(Stored data)

+++

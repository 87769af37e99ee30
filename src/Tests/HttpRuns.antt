-- ===== src/Tests/HttpRuns.antt =====
-- Runs over requests: a header line, a body in two chunks, two guards, a request.
use realm_lua_bootcamp.Prelude.{
  ℕ, ◌+◌, ◌≡◌, ◌++◌, refl, true, false, List, [], ◌∷◌, some, length, arith, if◌then◌else◌,
}
use realm_lua_bootcamp.Text.{Bytes, codes, text_eq}
use realm_lua_bootcamp.Http.Guard.{
  no_guards, construct, destroy, Reach, enter, leave, IsGuarded, Reach-IsGuarded,
}
use realm_lua_bootcamp.Http.Headers.{
  lookup, curl_header_cb, curl_write_cb, add_header, find, insert, skip_spaces, drop_line_end,
  header_value,
}
use realm_lua_bootcamp.Http.Headers.Line.{
  spaces, IsTrimmed, header_line, or_else, IsLineEnd, done, more, deliver, joined, Chunk,
  curl_header_cb-line, deliver-joined,
}
use realm_lua_bootcamp.Http.Headers.Trim.{IsCut, header_value-IsCut}
use realm_lua_bootcamp.Http.Request.{
  patch, Request, Response, Transport, send_request_to_server, perform_request, received, prepare,
  cleaned_up, append_headers, receive, reported, transfer_options, request_options,
}
use realm_lua_bootcamp.Http.Request.Laws.{slist}
use realm_lua_bootcamp.Http.Request.Sent.{IsSent, send_request-IsSent}
use realm_lua_bootcamp.Http.Request.Freed.{send_request-frees}
use realm_lua_bootcamp.Tests.CurlWorld.{CurlWorld, held, same_held, slow_curl, slow_laws}

Reach-IsGuarded_example : IsGuarded (destroy (construct (construct no_guards))) 1
Reach-IsGuarded_example = Reach-IsGuarded (leave (enter (enter Reach.start)))

abbrev crlf : Bytes
crlf = 13 ∷ 10 ∷ []

crlf-IsLineEnd : IsLineEnd crlf
crlf-IsLineEnd = more (13 ∷ []) 10 (more [] 13 done refl refl) refl refl

curl_header_cb-line_example :
    let (taken, after) =
      curl_header_cb
        (header_line (codes "Age") 1 (codes "7") crlf)
        1
        8
        ((codes "Host", codes "here") ∷ []) in
    (taken ≡ length (header_line (codes "Age") 1 (codes "7") crlf))
    × (lookup (codes "Age") after ≡ (
        if text_eq (codes "Age") (codes "Age")
        then some (or_else (lookup (codes "Age") ((codes "Host", codes "here") ∷ [])) (codes "7"))
        else lookup (codes "Age") ((codes "Host", codes "here") ∷ [])))
curl_header_cb-line_example =
    curl_header_cb-line (codes "Age") (codes "7") crlf 1 1 8 ((codes "Host", codes "here") ∷ [])
      (codes "Age") (ground arith) (ground arith) refl crlf-IsLineEnd (omega arith) (omega arith)

header_value-IsCut_example :
    let s = codes "  7 " ++ crlf in
    IsTrimmed (skip_spaces s)
    × ((n : ℕ) × (s ≡ spaces n (skip_spaces s)))
    × IsCut (skip_spaces s) (header_value s)
    × (drop_line_end (length s + 3) (skip_spaces s) ≡ header_value s)
header_value-IsCut_example = header_value-IsCut (codes "  7 " ++ crlf) 3

abbrev chunks : List Chunk
chunks =
    record { bytes = codes "ab"; size = 1; nmemb = 2 }
    ∷ record { bytes = codes "cde"; size = 3; nmemb = 1 }
    ∷ []

deliver-joined_example : deliver chunks (codes "x") ≡ (true, codes "x" ++ joined chunks)
deliver-joined_example =
    deliver-joined chunks (codes "x") ((omega arith, omega arith), ((omega arith, omega arith), tt))

abbrev change : Request
change = record {
  method = patch;
  url = codes "http://here";
  timeout_ms = 60000;
  headers = (codes "Accept", codes "text") ∷ [];
  body = codes "{}";
}

-- A client that keeps the response.
abbrev keep : Response → Transport CurlWorld → Transport CurlWorld
keep r u = record u { world = record u.world { answers = r ∷ u.world.answers } }

abbrev idle : Transport CurlWorld
idle = record { guards = no_guards; world = record { handles = []; lists = []; answers = [] } }

change_answers :
    (send_request_to_server change keep idle).world.answers
    ≡ record {
      http_status_code = 200;
      no_handle = false;
      headers = (codes "Age", codes "7") ∷ [];
      body = codes "ab";
    }
      ∷ []
unfolding send_request_to_server perform_request received prepare cleaned_up append_headers receive
    reported curl_header_cb curl_write_cb transfer_options add_header request_options find insert
    header_value drop_line_end skip_spaces
change_answers = refl

send_request-IsSent_example : IsSent held change keep idle (send_request_to_server change keep idle)
send_request-IsSent_example = send_request-IsSent slow_laws change keep idle

send_request-frees_example :
    let after = send_request_to_server change keep idle in
    (held after.world (slist 1) ≡ held idle.world (slist 1))
    × (after.guards.m_users ≡ idle.guards.m_users)
send_request-frees_example =
    send_request-frees slow_laws change keep idle (slist 1)
      (λ r u y. same_held u.world (r ∷ u.world.answers) y) (λ r u. refl)
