-- ===== src/Tests/NativeRuns.antt =====
-- Runs of the functions of `realm.native` over the small world: userdata 0 is the realm, 1 an object,
-- 2 the list, 3 a property's key.
use realm_lua_bootcamp.Prelude.{◌≡◌, ◌↔◌, refl, [], ◌∷◌, some, get_elem?, arith}
use realm_lua_bootcamp.Text.{Bytes, c_string}
use realm_lua_bootcamp.Text.Laws.{NoZero}
use realm_lua_bootcamp.Lua.{integer, string, userdata, ok, on}
use realm_lua_bootcamp.Native.Api.{RealmValue}
use realm_lua_bootcamp.Native.Convert.Handles.{handle_box, with_handle}
use realm_lua_bootcamp.Native.Convert.RoundTrip.{there_and_back, an_integer, there_and_back-string}
use realm_lua_bootcamp.Native.Transactions.{lib_realm_release}
use realm_lua_bootcamp.Native.Transactions.Release.{release_twice}
use realm_lua_bootcamp.Native.Results.{lib_realm_results_get}
use realm_lua_bootcamp.Native.Results.Arguments.{asked_index, results_get-index}
use realm_lua_bootcamp.Native.Lists.{lib_realm_list_insert}
use realm_lua_bootcamp.Native.Lists.Assign.{
  insert_arguments, assign, assign_outcome, assigned_or_same, list_insert-assign,
}
use realm_lua_bootcamp.Tests.World.{one_list, no_floats, start, list_laws, elements_of, InWrite}

list_insert-assign_example :
    let t = lib_realm_list_insert (on start (insert_arguments 2 1 (integer 5))) in
    let assigned = assign (elements_of start.world) 1 (RealmValue.int 5) in
    (t.0 ≡ assign_outcome one_list assigned)
    × (elements_of t.1.world ≡ assigned_or_same (elements_of start.world) assigned)
list_insert-assign_example =
    list_insert-assign {view = elements_of} {InWrite = InWrite} 9 list_laws start 2 1 (integer 5)
      (an_integer 5) refl tt

abbrev with_zero : Bytes
with_zero = 82 ∷ 0 ∷ 101 ∷ []

there_and_back-string_example :
    (there_and_back 5 (on start (string with_zero ∷ []))
      ≡ (ok 1, on start (string (c_string with_zero) ∷ string with_zero ∷ [])))
    × ((c_string with_zero ≡ with_zero) ↔ NoZero with_zero)
there_and_back-string_example = there_and_back-string 5 with_zero start []

release_twice_example :
    let once = lib_realm_release (on start (userdata 0 ∷ [])) in
    let twice = lib_realm_release once.1 in
    (once.0 ≡ ok 0)
    × (twice.0 ≡ ok 0)
    × (twice.1.world ≡ one_list.release 0 (one_list.release 5 start.world))
    × (get_elem? twice.1.boxes 0 ≡ some (handle_box 0))
release_twice_example = release_twice 0 5 start refl

results_get-index_example :
    let asked = on start (integer 2147483648 ∷ userdata 2 ∷ []) in
    let object = one_list.results_get_object 9 (asked_index 2147483648) start.world in
    lib_realm_results_get asked ≡ (ok 1, with_handle asked object.0 object.1)
results_get-index_example = results_get-index 2 9 2147483648 start refl (omega arith)
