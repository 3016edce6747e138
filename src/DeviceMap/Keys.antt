-- ===== src/DeviceMap/Keys.antt =====
-- common/protocols.h: where `operator <` of DevId orders some identifiers. A std::map promises the entry of a key only
-- where the operator is a strict order of its keys and of the key sought. That of DevId is not one for all identifiers; it is one for
-- devices of one maker and model, which differ in the id alone.
use xibridge.Prelude.{Bool, true, not, ◌&&◌, ◌||◌, List, [], ◌∷◌}
use xibridge.DevId.{DevId, dev_lt}

-- Not both of two identifiers are below the other, and what is below an identifier is below all that it is below.
-- Where no identifier is below another, they are the same key for all the others.
abbrev apart : DevId → DevId → Bool
apart a b = not (dev_lt a b && dev_lt b a)

abbrev follows : DevId → DevId → DevId → Bool
follows a b c =
    (not (dev_lt a b && dev_lt b c) || dev_lt a c)
    && (dev_lt a b || (dev_lt b c || not (dev_lt a c)))

abbrev all_follow : DevId → DevId → List DevId → Bool
all_follow a b [] = true
all_follow a b (c ∷ ds) = follows a b c && all_follow a b ds

abbrev ordered_from : DevId → List DevId → List DevId → Bool
ordered_from a [] all = true
ordered_from a (b ∷ ds) all = (apart a b && all_follow a b all) && ordered_from a ds all

abbrev ordered_in : List DevId → List DevId → Bool
ordered_in [] all = true
ordered_in (a ∷ ds) all = ordered_from a all all && ordered_in ds all

-- `operator <` is a strict weak order of the identifiers of a list.
unfoldable pub is_ordered : List DevId → Bool
is_ordered ds = ordered_in ds ds
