-- ===== src/DeviceMap/Open.antt =====
-- Opening a device.
use xibridge.Prelude.{
  ℕ, ◌≡◌, refl, ap, Bool, true, false, List, [], ◌∷◌, ◌++◌, Option, none, some, ==_refl, arith,
}
use xibridge.DevId.{DevId, dev_lt}
use xibridge.DeviceMap.{
  MapDevIdPHandle, same_key, find_device, put_device, erase_device, find_conn, created, open_if_not,
  map_keys,
}
use xibridge.DeviceMap.Keys.{is_ordered}

abbrev pub is_some {ℓ} : {A : Type ℓ} → Option A → Bool
is_some none = false
is_some (some x) = true

pub same_key_refl : (d : DevId) → same_key d d ≡ true
unfolding same_key dev_lt
same_key_refl d = ground arith

find_device-put_device :
    (devices : List (DevId × Option ℕ)) (d : DevId) (g : Option ℕ)
    → find_device (put_device devices d g) d ≡ some g
find_device-put_device [] d g = rw (same_key_refl d) refl
find_device-put_device ((k, h) ∷ devices) d g = ground (arith, find_device-put_device devices d g)

pub find_device-erase_device :
    (devices : List (DevId × Option ℕ)) (d : DevId) → find_device (erase_device devices d) d ≡ none
find_device-erase_device [] d = refl
find_device-erase_device ((k, h) ∷ devices) d = ground (arith, find_device-erase_device devices d)

find_conn-append :
    (conns : List (ℕ × DevId)) (c : ℕ) (d : DevId)
    → is_some (find_conn (conns ++ (c, d) ∷ []) c) ≡ true
find_conn-append [] c d = rw (==_refl c) refl
find_conn-append ((b, e) ∷ conns) c d = ground (arith, find_conn-append conns c d)

-- The three branches of `open_if_not`.
pub open_if_not-recorded :
    (create : DevId → Option ℕ) (conn_id : ℕ) (d e : DevId) (t : MapDevIdPHandle)
    → find_conn t.conns conn_id ≡ some e
    → open_if_not create conn_id d t ≡ (t, true)
unfolding open_if_not
open_if_not-recorded create conn_id d e t q = ground arith

open_if_not-shared :
    (create : DevId → Option ℕ) (conn_id : ℕ) (d : DevId) (h : Option ℕ) (t : MapDevIdPHandle)
    → find_conn t.conns conn_id ≡ none
    → find_device t.devices d ≡ some h
    → open_if_not create conn_id d t ≡ (record t { conns = t.conns ++ (conn_id, d) ∷ [] }, true)
unfolding open_if_not
open_if_not-shared create conn_id d h t e q = ground arith

open_if_not-created :
    (create : DevId → Option ℕ) (conn_id : ℕ) (d : DevId) (t : MapDevIdPHandle)
    → find_conn t.conns conn_id ≡ none
    → find_device t.devices d ≡ none
    → open_if_not create conn_id d t ≡ created (create d) conn_id d t
unfolding open_if_not
open_if_not-created create conn_id d t e q = ground arith

-- What a result says of the table left with it.
abbrev pub Tells : ℕ → DevId → MapDevIdPHandle × Bool → Type 0
Tells conn_id d (after, ok) =
    (is_some (find_device after.devices d) ≡ ok) × (is_some (find_conn after.conns conn_id) ≡ ok)

created-Tells :
    (purpc : Option ℕ) (conn_id : ℕ) (d : DevId) (t : MapDevIdPHandle)
    → find_conn t.conns conn_id ≡ none
    → Tells conn_id d (created purpc conn_id d t)
unfolding created
created-Tells none conn_id d t e =
    (ap is_some (find_device-erase_device (put_device t.devices d none) d), ap is_some e)
created-Tells (some g) conn_id d t e = (
  ap is_some (find_device-put_device (put_device t.devices d none) d (some g)),
  find_conn-append t.conns conn_id d,
)

-- On a connection that has no device yet, `open_if_not` returns true exactly if the device is then in the
-- map, and exactly if the connection is then recorded; where `operator <` orders the device and the keys of the map.
pub open_if_not-Tells :
    (create : DevId → Option ℕ) (conn_id : ℕ) (d : DevId) (t : MapDevIdPHandle)
    → is_ordered (d ∷ map_keys t.devices) ≡ true
    → find_conn t.conns conn_id ≡ none
    → Tells conn_id d (open_if_not create conn_id d t)
open_if_not-Tells create conn_id d t o e = go (find_device t.devices d) refl
  where
    go :
        (o : Option (Option ℕ))
        → find_device t.devices d ≡ o
        → Tells conn_id d (open_if_not create conn_id d t)
    go (some h) q =
        rw (open_if_not-shared create conn_id d h t e q)
          (ap is_some q, find_conn-append t.conns conn_id d)
    go none q =
        rw (open_if_not-created create conn_id d t e q) (created-Tells (create d) conn_id d t e)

+++

## WORK ORDER
Precisely the line with "t.devices d ≡ o" and the lines after it, up to the last line of the entries above, are to be reproduced, and nothing more.

## REPLY
        → find_device t.devices d ≡ o
        → Tells conn_id d (open_if_not create conn_id d t)
    go (some h) q =
        rw (open_if_not-shared create conn_id d h t e q)
          (ap is_some q, find_conn-append t.conns conn_id d)
    go none q =
        rw (open_if_not-created create conn_id d t e q) (created-Tells (create d) conn_id d t e)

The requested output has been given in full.